Carlos Federico López Restrepo (born 1975) is a Colombian-American scientist who researches network-driven biological processes using computational tools. Until March 2022, López was a tenured Associate Professor of Biochemistry & Pharmacology & Biomedical Informatics & Mechanical Engineering at Vanderbilt University. He is currently a Principal Scientist and the Multiscale Modeling Lead at Altos Labs.

Early life and education 
López was born in Bogotá, Colombia. He graduated from Colegio San Carlos, a primary and secondary private Catholic school in Bogotá.

López graduated from University of Miami with a B.Sc. in Chemistry and Biochemistry, and a B.L.A. in Liberal Arts in 1998. In 2004 he obtained a Ph.D. in Physical Chemistry under the supervision of Michael L. Klein in the University of Pennsylvania. He was also postdoctoral fellow in chemistry at the Center for Computational Molecular Sciences of the University of Texas at Austin and research fellow in systems biology at the Harvard Medical School.

Career 
López lead a namesake laboratory in Vanderbilt University in the department of biochemistry with the goal of “developing and applying numerical, modeling, and statistical methods to understand cellular processes and their dysregulation.” 

Under his 2019 National Science Foundation CAREER award López investigated the underpinnings for essential biochemical processes. In 2017 he was named Vanderbilt’s liaison to Oak Ridge National Laboratory.

López has published more than forty papers and has done numerous presentations in academic and scientific conferences. His work has been cited in thousands of publications.

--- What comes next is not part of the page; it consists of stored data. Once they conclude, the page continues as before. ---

-- ===== src/Ftp/Ports/Addresses.antt =====
-- In which order src/ftp/addrallocator.hpp hands addresses out.
use ebftpd.Prelude.{ℕ, zero, suc, ◌+◌, ◌≡◌, refl, ap, List, [], ◌∷◌, ◌++◌, Str, length}
use native.Mathlib.Nat.{zero-add, suc-add}
use ebftpd.Ftp.Ports.{AddrAllocator, set_addrs, next_addr}

-- The addresses that n calls return.
unfoldable pub serve_addrs : ℕ → AddrAllocator → List Str
serve_addrs zero a = []
serve_addrs (suc n) a = (next_addr a).0 ∷ serve_addrs n (next_addr a).1

abbrev addr_allocator : List Str → List Str → AddrAllocator
addr_allocator xs it = record { addresses = xs; it = it }

-- At the end the next call starts over.
serve_addrs-end :
    (n : ℕ) (x : Str) (xs : List Str)
    → serve_addrs n (addr_allocator (x ∷ xs) []) ≡ serve_addrs n (addr_allocator (x ∷ xs) (x ∷ xs))
unfolding serve_addrs next_addr
serve_addrs-end zero x xs = refl
serve_addrs-end (suc n) x xs = refl

serve_addrs-rest :
    (n : ℕ) (x : Str) (xs it : List Str)
    → serve_addrs (length it + n) (addr_allocator (x ∷ xs) it)
      ≡ it ++ serve_addrs n (addr_allocator (x ∷ xs) (x ∷ xs))
unfolding serve_addrs next_addr
serve_addrs-rest n x xs [] = rw zero-add (serve_addrs-end n x xs)
serve_addrs-rest n x xs (y ∷ it) = rw suc-add (ap (◌∷◌ y) (serve_addrs-rest n x xs it))

-- After new addresses are set, calls return them all in their order, and then go on as if they
-- had just been set: each address is used once in a round.
pub serve_addrs_round :
    (a : AddrAllocator) (xs : List Str) (n : ℕ)
    → serve_addrs (length xs + n) (set_addrs a xs) ≡ xs ++ serve_addrs n (set_addrs a xs)
unfolding set_addrs
serve_addrs_round a [] n = rw zero-add
serve_addrs_round a (x ∷ xs) n = serve_addrs-rest n x xs (x ∷ xs)
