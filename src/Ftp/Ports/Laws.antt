-- ===== src/Ftp/Ports/Laws.antt =====
-- Which ports src/ftp/portallocator.hpp hands out.
use ebftpd.Prelude.{
  ℕ, suc, ◌+◌, ◌≤◌, ◌<◌, ◌≡◌, ◌⊎◌, refl, sym, subst, ==_iff, inl, inr, false, Option, some, List,
  [], ◌∷◌, length, leb, leb→le, Bool-cases, ◌==◌, arith,
}
use ebftpd.Ftp.Ports.{
  PortRange, port_range, PortAllocator, new_port_allocator, set_ports, advance, from_of,
  next_port_loop, next_port,
}

-- What the configuration admits as a range.
pub record IsRange (r : PortRange) : Type 0 where
  pub low : 1024 ≤ r.from
  pub order : r.from ≤ r.upto
  pub high : r.upto ≤ 65535

-- A range that passes the tests of the configuration is one in order, between 1024 and 65535.
pub port_range-IsRange : (from upto : ℕ) (r : PortRange) → port_range from upto ≡ some r → IsRange r
unfolding port_range
port_range-IsRange from upto r e = ground arith

abbrev pub AllRanges : List PortRange → Type 0
AllRanges [] = Unit
AllRanges (r ∷ rs) = IsRange r × AllRanges rs

-- The port lies in one of the ranges.
abbrev pub Inside : ℕ → List PortRange → Type 0
Inside p [] = ⊥
Inside p (r ∷ rs) = ((r.from ≤ p) × (p ≤ r.upto)) ⊎ Inside p rs

-- The second list is an end part of the first.
pub data Suffix (rs : List PortRange) : List PortRange → Type 0 where
  whole : Suffix rs rs
  shorter : {r : PortRange} {ts : List PortRange} → Suffix rs (r ∷ ts) → Suffix rs ts

Suffix-Inside : (p : ℕ) {rs ts : List PortRange} → Suffix rs ts → Inside p ts → Inside p rs
Suffix-Inside p whole h = h
Suffix-Inside p (shorter s) h = Suffix-Inside p s (inr h)

Suffix-AllRanges : {rs ts : List PortRange} → Suffix rs ts → AllRanges rs → AllRanges ts
Suffix-AllRanges whole h = h
Suffix-AllRanges (shorter s) h = (Suffix-AllRanges s h).1

Suffix-length : {rs ts : List PortRange} → Suffix rs ts → length ts ≤ length rs
Suffix-length whole = omega arith
Suffix-length (shorter s) = omega (arith, Suffix-length s)

-- The next port is at most one past the range of the iterator.
abbrev pub IsNear : ℕ → List PortRange → Type 0
IsNear next [] = ⊥
IsNear next (r ∷ ts) = (next ≡ 0) ⊎ ((r.from ≤ next) × (next ≤ r.upto + 1))

-- The allocator works on the ranges it was given.
pub record IsValid (a : PortAllocator) : Type 0 where
  pub ranges : AllRanges a.ranges
  pub within : Suffix a.ranges a.it
  pub near : IsNear a.next a.it

abbrev allocator : List PortRange → List PortRange → ℕ → PortAllocator
allocator rs ts n = record { ranges = rs; it = ts; next = n }

-- A port of the ranges is handed out, and the allocator stays valid.
abbrev pub Serves : PortAllocator → Option (ℕ × PortAllocator) → Type 0
Serves a r =
    (p : ℕ) × (a' : PortAllocator) × (r ≡ some (p, a'))
    × Inside p a.ranges
    × IsValid a'
    × (a'.ranges ≡ a.ranges)

advance-Suffix :
    (q : PortRange) (rs : List PortRange) (r : PortRange) (ts : List PortRange)
    → Suffix (q ∷ rs) (r ∷ ts)
    → (s : PortRange) × (us : List PortRange) × (advance (q ∷ rs) (r ∷ ts) ≡ s ∷ us)
      × Suffix (q ∷ rs) (s ∷ us)
unfolding advance
advance-Suffix q rs r [] s = (q, rs, refl, whole)
advance-Suffix q rs r (t ∷ ts) s = (t, ts, refl, shorter s)

-- The first pass of the loop returns where the next port is still in the range.
serve_here :
    (q : PortRange) (rs : List PortRange) (r : PortRange) (ts : List PortRange) (n fuel : ℕ)
    → AllRanges (q ∷ rs)
    → Suffix (q ∷ rs) (r ∷ ts)
    → r.from ≤ n
    → n ≤ r.upto
    → Serves
        (allocator (q ∷ rs) (r ∷ ts) n)
        (next_port_loop (suc fuel) (allocator (q ∷ rs) (r ∷ ts) n))
unfolding next_port_loop
serve_here q rs r ts n fuel v s h k = (
  n,
  allocator (q ∷ rs) (r ∷ ts) (n + 1),
  ground arith,
  Suffix-Inside n s (inl (h, k)),
  record { ranges = v; within = s; near = inr (omega arith, omega arith) },
  refl,
)

-- Past the end of a range the loop goes on at the first port of the next one.
next_port_loop_past :
    (rs : List PortRange) (r : PortRange) (ts : List PortRange) (n fuel : ℕ)
    → leb n r.upto ≡ false
    → next_port_loop (suc fuel) (allocator rs (r ∷ ts) n)
      ≡ next_port_loop fuel (allocator rs (advance rs (r ∷ ts)) (from_of (advance rs (r ∷ ts))))
unfolding next_port_loop
next_port_loop_past rs r ts n fuel e = rw e

serve_loop :
    (q : PortRange) (rs : List PortRange) (r : PortRange) (ts : List PortRange) (n fuel : ℕ)
    → AllRanges (q ∷ rs)
    → Suffix (q ∷ rs) (r ∷ ts)
    → r.from ≤ n
    → n ≤ r.upto + 1
    → Serves
        (allocator (q ∷ rs) (r ∷ ts) n)
        (next_port_loop (suc (suc fuel)) (allocator (q ∷ rs) (r ∷ ts) n))
serve_loop q rs r ts n fuel v s h k = elim (Bool-cases (leb n r.upto)) [
  | inl e ↦ serve_here q rs r ts n (suc fuel) v s h (leb→le n r.upto e)
  | inr e ↦
      let (t, us, f, w) = advance-Suffix q rs r ts s in
      let ok = (Suffix-AllRanges w v).0 in
      rw (next_port_loop_past (q ∷ rs) r ts n (suc fuel) e, f)
        (serve_here q rs t us t.from fuel v w (omega arith) ok.order)
]

-- The first port of the range of the iterator, which a fresh allocator hands out.
serve_first :
    (q : PortRange) (rs : List PortRange) (r : PortRange) (ts : List PortRange) (fuel : ℕ)
    → AllRanges (q ∷ rs)
    → Suffix (q ∷ rs) (r ∷ ts)
    → Serves (allocator (q ∷ rs) (r ∷ ts) 0) (next_port fuel (allocator (q ∷ rs) (r ∷ ts) 0))
unfolding next_port
serve_first q rs r ts fuel v s = (
  r.from,
  allocator (q ∷ rs) (r ∷ ts) (r.from + 1),
  refl,
  Suffix-Inside r.from s (inl (omega arith, order)),
  record { ranges = v; within = s; near = inr (omega arith, omega (arith, order)) },
  refl,
)
  where
    order : r.from ≤ r.upto
    order = (Suffix-AllRanges s v).0.order

serve :
    (q : PortRange) (rs ts : List PortRange) (n fuel : ℕ)
    → IsValid (allocator (q ∷ rs) ts n)
    → Serves (allocator (q ∷ rs) ts n) (next_port (suc (suc fuel)) (allocator (q ∷ rs) ts n))
serve q rs [] n fuel v = absurd v.near
serve q rs (r ∷ ts) n fuel v = elim (Bool-cases (n == 0)) [
  | inl e ↦
      subst
        (λ m.
          Serves (allocator (q ∷ rs) (r ∷ ts) m)
            (next_port (suc (suc fuel)) (allocator (q ∷ rs) (r ∷ ts) m)))
        (sym ((==_iff n 0).0 e)) (serve_first q rs r ts (suc (suc fuel)) v.ranges v.within)
  | inr e ↦
      let between = later v.near e in
      unfold next_port in rw e (serve_loop q rs r ts n fuel v.ranges v.within between.0 between.1)
]
  where
    later : IsNear n (r ∷ ts) → (n == 0) ≡ false → (r.from ≤ n) × (n ≤ r.upto + 1)
    later (inl h) f = ground arith
    later (inr h) f = h

serve_any :
    (rs ts : List PortRange) (n fuel : ℕ)
    → IsValid (allocator rs ts n)
    → Serves (allocator rs ts n) (next_port (suc (suc fuel)) (allocator rs ts n))
serve_any [] ts n fuel v = absurd (none_near ts v.within v.near)
  where
    none_near : (us : List PortRange) → Suffix [] us → ¬ IsNear n us
    none_near [] s h = h
    none_near (u ∷ us) s h = absurd (omega (arith, Suffix-length s))
serve_any (q ∷ rs) ts n fuel v = serve q rs ts n fuel v

-- With fuel for two passes of the loop a valid allocator hands out a port of its ranges, keeps the
-- ranges and stays valid: the iterator stands in the ranges, and the next port at most one past
-- the range that it stands at.
pub next_port-Serves :
    (a : PortAllocator) (fuel : ℕ) → IsValid a → Serves a (next_port (suc (suc fuel)) a)
next_port-Serves a fuel v = serve_any a.ranges a.it a.next fuel v

-- An allocator that has not handed out a port is valid once it is given ranges that the
-- configuration admits.
pub set_ports-IsValid :
    (r : PortRange) (rs : List PortRange)
    → AllRanges (r ∷ rs)
    → IsValid (set_ports new_port_allocator (r ∷ rs))
unfolding set_ports new_port_allocator
set_ports-IsValid r rs v = record { ranges = v; within = whole; near = inl refl }

-- All ports of the ranges lie above the bound.
abbrev pub AllAbove : ℕ → List PortRange → Type 0
AllAbove n [] = Unit
AllAbove n (r ∷ rs) = (n < r.from) × AllAbove n rs

Inside-above : (n : ℕ) (rs : List PortRange) → AllAbove n rs → ¬ Inside n rs
Inside-above n [] a h = h
Inside-above n (r ∷ rs) a (inl h) = omega arith
Inside-above n (r ∷ rs) a (inr h) = Inside-above n rs a.1 h

-- New ranges do not reset the next port: an allocator that has handed out ports, and is given
-- ranges that all lie above its next port, hands that port out, which is in none of them.
set_ports_stale :
    (a : PortAllocator) (r : PortRange) (rs : List PortRange) (fuel : ℕ)
    → 0 < a.next
    → AllRanges (r ∷ rs)
    → AllAbove a.next (r ∷ rs)
    → (a' : PortAllocator) × (next_port (suc fuel) (set_ports a (r ∷ rs)) ≡ some (a.next, a'))
      × (¬ Inside a.next (r ∷ rs))
unfolding next_port set_ports next_port_loop
set_ports_stale a r rs fuel h v above = (
  record { ranges = r ∷ rs; it = r ∷ rs; next = a.next + 1 },
  ground (arith, v.0.order),
  Inside-above a.next (r ∷ rs) above,
)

In 2021 López was promoted to the rank of Associate Professor (with tenure) at Vanderbilt University. In 2022, López moved to Altos Laboratories to study cellular processes associated with aging.

Software development 
The López lab has contributed to various software tools used in systems biology including:

 PySB a modeling framework to encode cellular biochemical processes in Python. 
 PyDREAM a Python implementation of the DREAM algorithm for Bayesian parameter inference.
 MAGINE a modeling framework for multi-omics data integration. 
 PyViPR a visualization tool for dynamic biochemical processes with automated network resolution representation. 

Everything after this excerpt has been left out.